- [Your instructions]
Copy each line of the data beneath in which the word "destroys" appears.

(Beginning of Available data)

-- ===== src/Tests/Requests.antt =====
-- Runs of the client and the worker of lib/zeromq/MDP.
use sweet_clib.Prelude.{
  ℕ, ◌+◌, ◌-◌, ◌/◌, ◌≡◌, refl, Bool, false, none, some, List, [], ◌∷◌, if◌then◌else◌, ◌==◌, arith,
}
use sweet_clib.Text.{Bytes}
use sweet_clib.Mdp.{mdpc_client, mdpw_worker, mdpw_request, mdpw_reply}
use sweet_clib.Mdp.Client.{
  Poll, readable, timed_out, message, null_message, connect, send, Mdcli, mdcli_send,
}
use sweet_clib.Mdp.Client.Retry.{connects, framed, attempts, mdcli_send-answered, mdcli_send-Silent}
use sweet_clib.Mdp.Worker.{Mdwrk, Round, goes_on, request, mdwrk_recv}
use sweet_clib.Mdp.Worker.Kept.{IsAlive}
use sweet_clib.Mdp.Worker.Rounds.{mdwrk_recv-silent}
use sweet_clib.Mdp.Worker.Requests.{mdwrk_recv-request}
use sweet_clib.Tests.Messages.{plain_zmsg}

abbrev echo : Bytes
echo = b'e' ∷ b'c' ∷ b'h' ∷ b'o' ∷ []

abbrev hello : Bytes
hello = b'h' ∷ b'i' ∷ []

-- The first attempt times out and the second reads an answer.
abbrev second : ℕ → Poll (List Bytes)
second k = if k == 1 then readable (mdpc_client ∷ echo ∷ hello ∷ []) else timed_out

abbrev quiet : ℕ → Bool
quiet k = false

abbrev three : Mdcli
three = record { timeout = 2500; retries = 3 }

mdcli_send-answered_example :
    (framed plain_zmsg (mdcli_send plain_zmsg quiet second three echo (hello ∷ [])).0
      ≡ send (mdpc_client ∷ echo ∷ hello ∷ [])
        ∷ connect
        ∷ send (mdpc_client ∷ echo ∷ hello ∷ [])
        ∷ [])
    × ((r : List Bytes) × ((mdcli_send plain_zmsg quiet second three echo (hello ∷ [])).1
          ≡ message r)
        × (r ≡ hello ∷ []))
mdcli_send-answered_example =
    mdcli_send-answered plain_zmsg quiet second three echo hello [] (hello ∷ [])
      (mdpc_client ∷ echo ∷ hello ∷ []) 1 (refl, refl, tt) (omega arith) refl refl refl

abbrev never : ℕ → Poll (List Bytes)
never k = timed_out

mdcli_send-Silent_example :
    (framed plain_zmsg (mdcli_send plain_zmsg quiet never three echo (hello ∷ [])).0
      ≡ attempts plain_zmsg (mdpc_client ∷ echo ∷ hello ∷ []) 3)
    × ((mdcli_send plain_zmsg quiet never three echo (hello ∷ [])).1 ≡ null_message)
mdcli_send-Silent_example =
    mdcli_send-Silent plain_zmsg quiet never three echo (hello ∷ [])
      (refl, refl, (refl, refl, (refl, refl, tt)))

abbrev worker : Mdwrk
worker = record {
  service = echo;
  heartbeat_at = 2500;
  liveness = 2;
  heartbeat = 2500;
  reconnect = 2500;
  expect_reply = false;
  reply_to = none;
}

worker-IsAlive : IsAlive worker
worker-IsAlive = record { left = omega arith; most = omega arith }

-- A client's request, as the broker sends it on.
abbrev asked : List Bytes
asked = [] ∷ mdpw_worker ∷ mdpw_request ∷ (7 ∷ []) ∷ [] ∷ hello ∷ []

abbrev asked_at : ℕ → Round (List Bytes)
asked_at t = record { polled = readable asked; connected_at = t; tested_at = t; beat_at = t }

abbrev silent_at : ℕ → Round (List Bytes)
silent_at t = record { polled = timed_out; connected_at = t; tested_at = t; beat_at = t }

mdwrk_recv-request_example :
    (s : Mdwrk) × (q : List Bytes) × (a : List Bytes) × (mdwrk_recv plain_zmsg worker none
        (asked_at 100 ∷ [])
      ≡ (s, [], request q))
    × (q ≡ hello ∷ [])
    × ((mdwrk_recv plain_zmsg s (some (hello ∷ [])) []).1 ≡ send a ∷ [])
    × ((mdwrk_recv plain_zmsg s (some (hello ∷ [])) []).2 ≡ goes_on)
    × (a ≡ [] ∷ mdpw_worker ∷ mdpw_reply ∷ (7 ∷ []) ∷ [] ∷ hello ∷ [])
mdwrk_recv-request_example =
    mdwrk_recv-request plain_zmsg worker (asked_at 100) [] asked (hello ∷ []) (7 ∷ []) (hello ∷ [])
      refl refl refl

mdwrk_recv-silent_example :
    ((mdwrk_recv plain_zmsg worker none (silent_at 100 ∷ silent_at 9000 ∷ [])).2 ≡ goes_on)
    × (connects (mdwrk_recv plain_zmsg worker none (silent_at 100 ∷ silent_at 9000 ∷ [])).1
        ≡ (2 + (3 - 2)) / 3)
mdwrk_recv-silent_example =
    mdwrk_recv-silent plain_zmsg worker (silent_at 100 ∷ silent_at 9000 ∷ []) worker-IsAlive refl
      (refl, (refl, tt))
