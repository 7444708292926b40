-- ===== src/Tests/Servers.antt =====
-- Runs of a child process, of a connection of the echo server, and of the table of the chat server.
use sweet_clib.Prelude.{
  length, ◌≡◌, ℕ, ◌+◌, ◌<◌, refl, true, false, none, some, List, [], ◌∷◌, arith, replicate,
  length-replicate,
}
use sweet_clib.Processpool.{sigterm}
use sweet_clib.Processpool.Child.{
  Child, ChildEvent, notice, child_signals, request, unread, run_child,
}
use sweet_clib.Processpool.Child.Events.{handled}
use sweet_clib.Processpool.Child.Turns.{Turned, run_child-Turned}
use sweet_clib.Echo.{Sent, sent, Event, readable, writable, negative, closed, accepted, event_loop}
use sweet_clib.Echo.Writing.{Takes}
use sweet_clib.Linked.{ok}
use sweet_clib.Chat.{Chat, send_msg, leave}
use sweet_clib.Chat.Leaving.{active, send_msg-leave}
use sweet_clib.Echo.Stream.{received, Served, event_loop-Served}

-- The object of a connection counts its requests; a stop comes between two of them.
abbrev child : Child (λ connfd u. 0) (λ (u : ℕ). u + 1)
child = record { m_stop = false; users = λ q. 0; added = [] }

abbrev child_rounds : List (List ChildEvent)
child_rounds =
    (notice true (some 7) ∷ request 7 ∷ notice false none ∷ [])
    ∷ (child_signals (sigterm ∷ []) ∷ request 7 ∷ unread ∷ [])
    ∷ (request 7 ∷ [])
    ∷ []

run_child-Turned_example :
    Turned
      (λ connfd u. 0)
      (λ u. u + 1)
      (run_child (λ connfd u. 0) (λ u. u + 1) child child_rounds)
      child
      (handled child_rounds)
run_child-Turned_example =
    run_child-Turned (λ connfd u. 0) (λ u. u + 1) child child_rounds refl refl

-- A send takes one byte.
abbrev one_byte : ℕ → ℕ → Sent
one_byte k asked = sent 1

one_byte-Takes : (k asked : ℕ) → 0 < asked → Takes (one_byte k asked) asked
one_byte-Takes k asked h = (omega arith, omega (arith, h))

-- "ab\nc", a write, and the end of the connection.
abbrev events : List Event
events =
    readable ((b'a' ∷ b'b' ∷ []) ∷ (10 ∷ b'c' ∷ []) ∷ []) negative
    ∷ writable
    ∷ readable [] closed
    ∷ []

event_loop-Served_example :
    Served
      (event_loop one_byte (accepted (replicate 80 0)) events)
      (accepted (replicate 80 0))
      (received events)
event_loop-Served_example =
    event_loop-Served one_byte one_byte-Takes (replicate 80 0) events
      (length-replicate {A = ℕ} 80 0) (omega arith)

-- Three clients, of which the first leaves.
abbrev three_clients : Chat
three_clients = record { clnt_socks = 5 ∷ 6 ∷ 7 ∷ replicate 253 0; clnt_cnt = 3 }

send_msg-leave_example :
    (t : Chat) × (leave three_clients 5 ≡ ok t)
    × (t.clnt_cnt + 1 ≡ 3)
    × (active t ≡ 5 ∷ 7 ∷ [])
    × (length t.clnt_socks ≡ 256)
    × (send_msg t (b'a' ∷ []) ≡ ok ((5, b'a' ∷ []) ∷ (7, b'a' ∷ []) ∷ []))
send_msg-leave_example =
    let size : length (5 ∷ 6 ∷ 7 ∷ replicate {A = ℕ} 253 0) ≡ 256 =
      omega (arith, length-replicate {A = ℕ} 253 0) in
    send_msg-leave three_clients 5 (b'a' ∷ []) size (omega arith) (omega arith)
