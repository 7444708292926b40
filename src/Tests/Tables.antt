-- ===== src/Tests/Tables.antt =====
-- Runs of the hash table at concrete inputs.
use sweet_clib.Prelude.{
  ℕ, zero, suc, ◌≡◌, refl, Bool, true, false, none, [], ◌∷◌, arith, if◌then◌else◌, ◌==◌, get_or,
}
use sweet_clib.Linked.{success}
use sweet_clib.Chtbl.{
  Table, SweetListKv, chtbl_lookup, chtbl_insert, chtbl_remove, hash_key, chtbl_insert_kv,
  chtbl_lookup_kv, chtbl_find_kv, find_match,
}
use sweet_clib.Chtbl.Chain.{Respects, Distinct}
use sweet_clib.Chtbl.Buckets.{IsTable}
use sweet_clib.Chtbl.Insert.{chtbl_insert-lookup}
use sweet_clib.Chtbl.Remove.{chtbl_remove-lookup}
use sweet_clib.Chtbl.Insert
use sweet_clib.Chtbl.Remove
use sweet_clib.Text.{
  Bytes, hashpjw, match_sweet_list_kv, hash_loop, hash_step, extend_char, strcmp_eq,
}
use sweet_clib.Chtbl.Life.{chtbl_init-destroy}
use sweet_clib.Chtbl.{chtbl_init, chtbl_destroy}
use sweet_clib.Prelude.{length, some}
use sweet_clib.Text.Hash.{find-insert_kv}

abbrev same : ℕ → ℕ
same x = x

abbrev equal : ℕ → ℕ → Bool
equal x y = x == y

equal-Respects : Respects same equal
equal-Respects = record {
  match_refl = λ x. ground arith;
  match_symm = λ x y. ground arith;
  match_trans = λ x y z p q. ground arith;
  hash-match = λ x y p. ground arith;
}

-- Two buckets, with 4 and 7 in them.
abbrev four_seven : Table ℕ
four_seven = record { buckets = 2; destroys = false; size = 2; table = (4 ∷ []) ∷ (7 ∷ []) ∷ [] }

four_seven-IsTable : IsTable same equal four_seven
unfolding find_match
four_seven-IsTable = record {
  width = refl;
  positive = omega arith;
  counted = refl;
  distinct = buckets_distinct;
}
  where
    buckets_distinct : (i : ℕ) → Distinct same equal (get_or four_seven.table i [])
    buckets_distinct zero = (refl, tt)
    buckets_distinct (suc zero) = (refl, tt)
    buckets_distinct (suc (suc i)) = tt

chtbl_insert-lookup_example :
    Insert.Inserts same equal true four_seven 9
      (chtbl_lookup same equal four_seven 9)
      (chtbl_insert same equal true four_seven 9)
chtbl_insert-lookup_example =
    chtbl_insert-lookup same equal equal-Respects four_seven four_seven-IsTable 9 true

chtbl_remove-lookup_example :
    Remove.Removes same equal four_seven 7
      (chtbl_lookup same equal four_seven 7)
      (chtbl_remove same equal four_seven 7)
chtbl_remove-lookup_example =
    chtbl_remove-lookup same equal equal-Respects four_seven four_seven-IsTable 7

-- A table of strings with the pair of "ab" and "x".
abbrev ab_x : SweetListKv Bytes
ab_x = record { key = 97 ∷ 98 ∷ []; value = 120 ∷ [] }

abbrev cd_y : SweetListKv Bytes
cd_y = record { key = 99 ∷ 100 ∷ []; value = 121 ∷ [] }

abbrev strings : Table (SweetListKv Bytes)
strings = record { buckets = 1; destroys = false; size = 1; table = (ab_x ∷ []) ∷ [] }

strings-IsTable : IsTable (hash_key hashpjw match_sweet_list_kv) match_sweet_list_kv strings
unfolding find_match match_sweet_list_kv
strings-IsTable = record {
  width = refl;
  positive = omega arith;
  counted = refl;
  distinct = buckets_distinct;
}
  where
    buckets_distinct :
        (i : ℕ)
        → Distinct
            (hash_key hashpjw match_sweet_list_kv)
            match_sweet_list_kv
            (get_or strings.table i [])
    buckets_distinct zero = (refl, tt)
    buckets_distinct (suc i) = tt

absent : chtbl_lookup_kv hashpjw match_sweet_list_kv strings cd_y ≡ none
unfolding chtbl_lookup_kv chtbl_lookup find_match hashpjw match_sweet_list_kv hash_loop hash_step
    extend_char strcmp_eq
absent = refl

find-insert_kv_example :
    ((chtbl_insert_kv hashpjw match_sweet_list_kv true strings cd_y).0 ≡ success)
    × ((q : SweetListKv Bytes)
        → chtbl_find_kv hashpjw match_sweet_list_kv
            (chtbl_insert_kv hashpjw match_sweet_list_kv true strings cd_y).1
            q
          ≡ (if match_sweet_list_kv q cd_y
              then cd_y
              else chtbl_find_kv hashpjw match_sweet_list_kv strings q))
find-insert_kv_example = find-insert_kv strings cd_y strings-IsTable absent

chtbl_init-destroy_example :
    ((t : Table ℕ) × (chtbl_init true 3 true ≡ some t)
      × IsTable same equal t
      × (t.size ≡ 0)
      × ((q : ℕ) → chtbl_lookup same equal t q ≡ none))
    × (chtbl_init {D = ℕ} false 3 true ≡ none)
    × (length (chtbl_destroy four_seven).0 ≡ 0)
    × ((chtbl_destroy four_seven).1.size ≡ 0)
    × ((chtbl_destroy four_seven).1.buckets ≡ 0)
chtbl_init-destroy_example =
    chtbl_init-destroy same equal 3 true four_seven (omega arith) four_seven-IsTable
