-- ===== src/Text/Token.antt =====
-- strntok: where it splits a text, and that nothing of the text is lost.
use sweet_clib.Prelude.{
  ℕ, zero, suc, ◌-◌, ◌≤◌, ◌<◌, ◌≡◌, refl, ap, ◌∙◌, Bool, true, false, not, ◌&&◌, ◌||◌, Option, none,
  some, [], ◌∷◌, ◌++◌, arith, if◌then◌else◌, ltb, leb, length, drop, ◌==◌, Bool-cases, inl, inr,
}
use sweet_clib.Text.{Bytes, Token, res_room, char_at, second, write_token, token_loop, strntok}

-- NULL where no text is left.
abbrev pub rest_of : Bytes → Option Bytes
rest_of [] = none
rest_of (c ∷ s) = some (c ∷ s)

-- The test for the separator looks at two characters, or at one if the separator has length 1.
abbrev pub starts : Bytes → ℕ → ℕ → Bytes → Bool
starts s2 n c s = c == char_at s2 && (char_at s == second s2 || not (ltb 1 n))

-- The text before the first place where the test holds, and the text n characters behind that place.
pub split : Bytes → ℕ → Bytes → Bytes × Option Bytes
split s2 n [] = ([], none)
split s2 n (c ∷ s) =
    if starts s2 n c s
    then ([], rest_of (drop n (c ∷ s)))
    else (c ∷ (split s2 n s).0, (split s2 n s).1)

abbrev pub fitting_token : ℕ → Bytes × Option Bytes → Token
fitting_token room t = if leb (length t.0) room then some t else none

drop_nil : (n : ℕ) → drop {A = ℕ} n [] ≡ []
drop_nil zero = refl
drop_nil (suc n) = refl

drop_cons : (n c : ℕ) (s : Bytes) → 0 < n → drop n (c ∷ s) ≡ drop (n - 1) s
drop_cons zero c s h = elim h [ ]
drop_cons (suc n) c s h = ap (λ k. drop k s) (omega arith)

or_true : (b : Bool) → (b || true) ≡ true
or_true true = refl
or_true false = refl

-- The nested tests of the loop as one.
merge_tests {ℓ} :
    {A : Type ℓ} (p q r : Bool) (x y : A)
    → (if p || false then if not q && r then y else x else y) ≡ (if p && (q || not r) then x else y)
merge_tests false q r x y = refl
merge_tests true true r x y = refl
merge_tests true false true x y = refl
merge_tests true false false x y = refl

pass_separator :
    (s2 : Bytes) (n : ℕ) (s : Bytes) (i room : ℕ)
    → 0 < i
    → i ≤ n
    → token_loop s2 n s i room ≡ some ([], rest_of (drop (n - i) s))
unfolding token_loop
pass_separator s2 n [] i room h k = rw (drop_nil (n - i))
pass_separator s2 n (c ∷ s) i room h k = elim (Bool-cases (i == n)) [
  | inl e ↦ let z : n - i ≡ 0 = ground arith in rw (e, z)
  | inr e ↦
      let more : n - i ≡ suc (n - suc i) = ground arith in
      let passing : ltb 0 i ≡ true = ground arith in
      let counting : (i == 0) ≡ false = ground arith in
      rw (e, passing, counting, or_true (c == char_at s2), more)
        (pass_separator s2 n s (suc i) room (omega arith) (ground arith))
]

token_step :
    (s2 : Bytes) (n c : ℕ) (s : Bytes) (room : ℕ)
    → 0 < n
    → token_loop s2 n (c ∷ s) 0 room ≡ (
        if starts s2 n c s
        then token_loop s2 n s 1 room
        else write_token room c (token_loop s2 n s 0))
unfolding token_loop
token_step s2 n c s room h =
    let open_end : (0 == n) ≡ false = ground arith in
    rw open_end (merge_tests (c == char_at s2) (char_at s == second s2) (ltb 1 n) _ _)

token_loop-split :
    (s2 : Bytes) (n : ℕ) (s : Bytes) (room : ℕ)
    → 0 < n
    → token_loop s2 n s 0 room ≡ fitting_token room (split s2 n s)
unfolding token_loop split
token_loop-split s2 n [] room h = ground arith
token_loop-split s2 n (c ∷ s) room h =
    token_step s2 n c s room h ∙ elim (Bool-cases (starts s2 n c s)) [
      | inl e ↦
          let one : leb 0 room ≡ true = ground arith in
          let less : drop n (c ∷ s) ≡ drop (n - 1) s = drop_cons n c s h in
          rw (e, one, less) (pass_separator s2 n s 1 room (omega arith) h)
      | inr e ↦ rw e (write_rest room (λ r. token_loop-split s2 n s r h))
    ]
  where
    write_rest :
        (r : ℕ)
        → ((q : ℕ) → token_loop s2 n s 0 q ≡ fitting_token q (split s2 n s))
        → write_token r c (token_loop s2 n s 0)
          ≡ fitting_token r (c ∷ (split s2 n s).0, (split s2 n s).1)
    write_rest zero ih = ground arith
    write_rest (suc r) ih = rw (ih r, write_token) (ground arith)

split_parts :
    (s2 : Bytes) (n : ℕ) (s : Bytes)
    → (p : Bytes) × (s ≡ (split s2 n s).0 ++ p) × ((split s2 n s).1 ≡ rest_of (drop n p))
unfolding split
split_parts s2 n [] = ([], refl, rw (drop_nil n))
split_parts s2 n (c ∷ s) = elim (Bool-cases (starts s2 n c s)) [
  | inl e ↦ (c ∷ s, rw e, rw e)
  | inr e ↦
      let (p, whole, rest) = split_parts s2 n s in (p, rw e (ap (λ t. c ∷ t) whole), rw e rest)
]

-- strntok with a separator length above 0 returns the text before the first place where the first
-- character of the separator stands, followed by its second one unless the length is 1; it sets
-- `__strntok` to the text n characters behind that place (NULL where none is left), compares no further
-- character of the separator, loses nothing else of the text, and does not fit `res` exactly when the
-- token has more than 1023 characters.
pub strntok-split :
    (s1 s2 : Bytes) (n : ℕ)
    → 0 < n
    → (strntok (some s1) s2 n ≡ some (fitting_token res_room (split s2 n s1)))
      × ((p : Bytes) × (s1 ≡ (split s2 n s1).0 ++ p) × ((split s2 n s1).1 ≡ rest_of (drop n p)))
unfolding strntok
strntok-split s1 s2 n h = (ap some (token_loop-split s2 n s1 res_room h), split_parts s2 n s1)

(End of Available data)

- [Written response]
four_seven = record { buckets = 2; destroys = false; size = 2; table = (4 ∷ []) ∷ (7 ∷ []) ∷ [] }
strings = record { buckets = 1; destroys = false; size = 1; table = (ab_x ∷ []) ∷ [] }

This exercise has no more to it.